(Data for the task Opens)

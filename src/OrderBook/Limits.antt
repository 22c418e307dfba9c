-- ===== src/OrderBook/Limits.antt =====
-- A limit order in include/lob/order_book.hpp, from its guards to the book that it leaves, against the
-- reference engine of engines/naive_book.hpp.
use limit_order_book.Base.{
  ℕ, ◌^◌, ◌<◌, ◌≡◌, refl, ap, ◌∙◌, ℤ, pos, leb_ℤ, Bool, true, false, not, ◌&&◌, none, List, arith,
  ltb, ◌==◌, if◌then◌else◌, Bool-cases, inl, inr,
}
use limit_order_book.Types.{Side, bid, ask, Tif, allow, SubmitResult, is_fok}
use limit_order_book.Fifo.{Ptr}
use limit_order_book.Fifo.Cells.{sum_qty}
use limit_order_book.Naive
use limit_order_book.Naive.{NaiveBook, own, opposite, crossable_qty}
use limit_order_book.Engine.{Parts, Book, own_ladder, stp_is_on}
use limit_order_book.Engine.Execution.{execute, fok_fillable, rejection}
use limit_order_book.Engine.Laws.{Entries, LadderLaws, IndexLaws, AllocLaws}
use limit_order_book.Engine.Queues.{Groups, all_cells}
use limit_order_book.Engine.Books.{Represents}
use limit_order_book.Engine.Levels.{book_side}
use limit_order_book.OrderBook.{submit_limit, is_resting}
use limit_order_book.OrderBook.FillOrKill.{fok_fillable-crossable_qty}
use limit_order_book.OrderBook.Missing.{not_resting-missing}
use limit_order_book.OrderBook.Submission.{Submitted, Submitted-unchanged, execute-Submitted}

not-not : (t : Bool) → not (not t) ≡ t
not-not true = refl
not-not false = refl

module _ {L I A : Type 0} (parts : Parts L I A) (Shows : Side → L → Entries → Type 0)
    (Indexes : I → List (ℕ × Ptr) → Type 0) (Owns : A → List Ptr → Type 0)
    (ladder : LadderLaws parts Shows) (index : IndexLaws parts Indexes)
    (alloc : AllocLaws parts Owns) (s : Side) (id : ℕ) (px : ℤ) (qty owner : ℕ) (tif : Tif)
    (own_groups opposite_groups : Groups) (b : Book L I A) (n : NaiveBook)
    (h : Represents parts Shows Indexes Owns s own_groups opposite_groups b)
    (same_own : own s n ≡ book_side own_groups)
    (same_opposite : opposite s n ≡ book_side opposite_groups) (no_stp : b.stp ≡ allow)
    (small : qty < 2 ^ 32) (real_id : 0 < id) (missing : parts.find id b.orders ≡ none)
    (band : parts.in_band px b.bids ≡ true)
    (same_band : parts.in_band px b.asks ≡ parts.in_band px b.bids)
    (fits : is_fok tif ≡ true → sum_qty (all_cells opposite_groups) < 2 ^ 64) where
  abbrev Same : Book L I A × SubmitResult → NaiveBook × SubmitResult → Type 0
  Same x y = Submitted parts Shows Indexes Owns s b n x y

  own_band : (t : Side) → parts.in_band px (own_ladder t b) ≡ true
  own_band bid = band
  own_band ask = same_band ∙ band

  rejected : Same (b, rejection) (n, rejection)
  rejected =
      Submitted-unchanged parts Shows Indexes Owns ladder index alloc s id px qty owner own_groups
        opposite_groups b n h same_own same_opposite rejection

  -- The fill-or-kill test, and what stands behind it.
  abbrev naive_execute : NaiveBook × SubmitResult
  naive_execute =
      if is_fok tif && ltb (crossable_qty s px n) qty
      then (n, rejection)
      else Naive.execute id s px qty tif n

  same_test :
      (is_fok tif && not (fok_fillable parts s (stp_is_on b.stp) px qty owner b))
      ≡ (is_fok tif && ltb (crossable_qty s px n) qty)
  same_test = elim (Bool-cases (is_fok tif)) [
    | inr other ↦ rw other refl
    | inl fok ↦
        let off = ap (λ stp. fok_fillable parts s (stp_is_on stp) px qty owner b) no_stp in
        let sum =
          fok_fillable-crossable_qty parts Shows Indexes Owns ladder index s px qty owner own_groups
            opposite_groups b n h same_opposite (fits fok) in
        ap (λ t. is_fok tif && not t) (off ∙ sum) ∙ ap (λ t. is_fok tif && t) (not-not _)
  ]

  execute-Same : 0 < qty → Same (execute parts s id px qty tif owner b) naive_execute
  unfolding execute
  execute-Same some_qty = elim (Bool-cases (is_fok tif && ltb (crossable_qty s px n) qty)) [
    | inl short ↦ rw (same_test, short) rejected
    | inr enough ↦
        rw (same_test, enough)
          (execute-Submitted parts Shows Indexes Owns ladder index alloc s id px qty owner
            own_groups opposite_groups b n h same_own same_opposite some_qty small real_id missing
            (own_band s) tif no_stp)
  ]

  not_resting : is_resting parts id b ≡ false
  not_resting = not_resting-missing parts id b missing

  -- Over any containers that keep their laws and with self-trades allowed, on a book and a
  -- reference book of the same price levels, for any side and time in force, a quantity below 2^32,
  -- a price in the band of both ladders and a positive id that does not rest, the final engine's
  -- submit_limit does what the reference engine's does: the books then stand for the same levels,
  -- they report the same trades in the same order, and the two answers are equal. For fill-or-kill
  -- the facing orders sum to less than 2^64.
  pub submit_limit-Submitted :
      Submitted parts Shows Indexes Owns s b n
        (submit_limit parts id s px qty tif owner b)
        (Naive.submit_limit id s px qty tif n)
  unfolding submit_limit Naive.submit_limit
  submit_limit-Submitted =
      let some_id : (id == 0) ≡ false = ground arith in
      let positive = ladder.in_band_positive s (own_ladder s b) _ px h.own_shows (own_band s) in
      let some_price : leb_ℤ px (pos 0) ≡ false = ground arith in
      elim (Bool-cases (qty == 0)) [
        | inl none_wanted ↦ rw (some_id, none_wanted) rejected
        | inr wanted ↦
            rw (some_id, wanted, band, some_price, not_resting) (execute-Same (ground arith))
      ]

(Data for the task Closes)

Task directions
Each line in the material above should be repeated exactly.

Result
filename src/OrderBook/Limits.antt
repository 22c418e307dfba9c
-- ===== src/OrderBook/Limits.antt =====
-- A limit order in include/lob/order_book.hpp, from its guards to the book that it leaves, against the
-- reference engine of engines/naive_book.hpp.
use limit_order_book.Base.{
  ℕ, ◌^◌, ◌<◌, ◌≡◌, refl, ap, ◌∙◌, ℤ, pos, leb_ℤ, Bool, true, false, not, ◌&&◌, none, List, arith,
  ltb, ◌==◌, if◌then◌else◌, Bool-cases, inl, inr,
}
use limit_order_book.Types.{Side, bid, ask, Tif, allow, SubmitResult, is_fok}
use limit_order_book.Fifo.{Ptr}
use limit_order_book.Fifo.Cells.{sum_qty}
use limit_order_book.Naive
use limit_order_book.Naive.{NaiveBook, own, opposite, crossable_qty}
use limit_order_book.Engine.{Parts, Book, own_ladder, stp_is_on}
use limit_order_book.Engine.Execution.{execute, fok_fillable, rejection}
use limit_order_book.Engine.Laws.{Entries, LadderLaws, IndexLaws, AllocLaws}
use limit_order_book.Engine.Queues.{Groups, all_cells}
use limit_order_book.Engine.Books.{Represents}
use limit_order_book.Engine.Levels.{book_side}
use limit_order_book.OrderBook.{submit_limit, is_resting}
use limit_order_book.OrderBook.FillOrKill.{fok_fillable-crossable_qty}
use limit_order_book.OrderBook.Missing.{not_resting-missing}
use limit_order_book.OrderBook.Submission.{Submitted, Submitted-unchanged, execute-Submitted}

not-not : (t : Bool) → not (not t) ≡ t
not-not true = refl
not-not false = refl

module _ {L I A : Type 0} (parts : Parts L I A) (Shows : Side → L → Entries → Type 0)
    (Indexes : I → List (ℕ × Ptr) → Type 0) (Owns : A → List Ptr → Type 0)
    (ladder : LadderLaws parts Shows) (index : IndexLaws parts Indexes)
    (alloc : AllocLaws parts Owns) (s : Side) (id : ℕ) (px : ℤ) (qty owner : ℕ) (tif : Tif)
    (own_groups opposite_groups : Groups) (b : Book L I A) (n : NaiveBook)
    (h : Represents parts Shows Indexes Owns s own_groups opposite_groups b)
    (same_own : own s n ≡ book_side own_groups)
    (same_opposite : opposite s n ≡ book_side opposite_groups) (no_stp : b.stp ≡ allow)
    (small : qty < 2 ^ 32) (real_id : 0 < id) (missing : parts.find id b.orders ≡ none)
    (band : parts.in_band px b.bids ≡ true)
    (same_band : parts.in_band px b.asks ≡ parts.in_band px b.bids)
    (fits : is_fok tif ≡ true → sum_qty (all_cells opposite_groups) < 2 ^ 64) where
  abbrev Same : Book L I A × SubmitResult → NaiveBook × SubmitResult → Type 0
  Same x y = Submitted parts Shows Indexes Owns s b n x y

  own_band : (t : Side) → parts.in_band px (own_ladder t b) ≡ true
  own_band bid = band
  own_band ask = same_band ∙ band

  rejected : Same (b, rejection) (n, rejection)
  rejected =
      Submitted-unchanged parts Shows Indexes Owns ladder index alloc s id px qty owner own_groups
        opposite_groups b n h same_own same_opposite rejection

  -- The fill-or-kill test, and what stands behind it.
  abbrev naive_execute : NaiveBook × SubmitResult
  naive_execute =
      if is_fok tif && ltb (crossable_qty s px n) qty
      then (n, rejection)
      else Naive.execute id s px qty tif n

  same_test :
      (is_fok tif && not (fok_fillable parts s (stp_is_on b.stp) px qty owner b))
      ≡ (is_fok tif && ltb (crossable_qty s px n) qty)
  same_test = elim (Bool-cases (is_fok tif)) [
    | inr other ↦ rw other refl
    | inl fok ↦
        let off = ap (λ stp. fok_fillable parts s (stp_is_on stp) px qty owner b) no_stp in
        let sum =
          fok_fillable-crossable_qty parts Shows Indexes Owns ladder index s px qty owner own_groups
            opposite_groups b n h same_opposite (fits fok) in
        ap (λ t. is_fok tif && not t) (off ∙ sum) ∙ ap (λ t. is_fok tif && t) (not-not _)
  ]

  execute-Same : 0 < qty → Same (execute parts s id px qty tif owner b) naive_execute
  unfolding execute
  execute-Same some_qty = elim (Bool-cases (is_fok tif && ltb (crossable_qty s px n) qty)) [
    | inl short ↦ rw (same_test, short) rejected
    | inr enough ↦
        rw (same_test, enough)
          (execute-Submitted parts Shows Indexes Owns ladder index alloc s id px qty owner
            own_groups opposite_groups b n h same_own same_opposite some_qty small real_id missing
            (own_band s) tif no_stp)
  ]

  not_resting : is_resting parts id b ≡ false
  not_resting = not_resting-missing parts id b missing

  -- Over any containers that keep their laws and with self-trades allowed, on a book and a
  -- reference book of the same price levels, for any side and time in force, a quantity below 2^32,
  -- a price in the band of both ladders and a positive id that does not rest, the final engine's
  -- submit_limit does what the reference engine's does: the books then stand for the same levels,
  -- they report the same trades in the same order, and the two answers are equal. For fill-or-kill
  -- the facing orders sum to less than 2^64.
  pub submit_limit-Submitted :
      Submitted parts Shows Indexes Owns s b n
        (submit_limit parts id s px qty tif owner b)
        (Naive.submit_limit id s px qty tif n)
  unfolding submit_limit Naive.submit_limit
  submit_limit-Submitted =
      let some_id : (id == 0) ≡ false = ground arith in
      let positive = ladder.in_band_positive s (own_ladder s b) _ px h.own_shows (own_band s) in
      let some_price : leb_ℤ px (pos 0) ≡ false = ground arith in
      elim (Bool-cases (qty == 0)) [
        | inl none_wanted ↦ rw (some_id, none_wanted) rejected
        | inr wanted ↦
            rw (some_id, wanted, band, some_price, not_resting) (execute-Same (ground arith))
      ]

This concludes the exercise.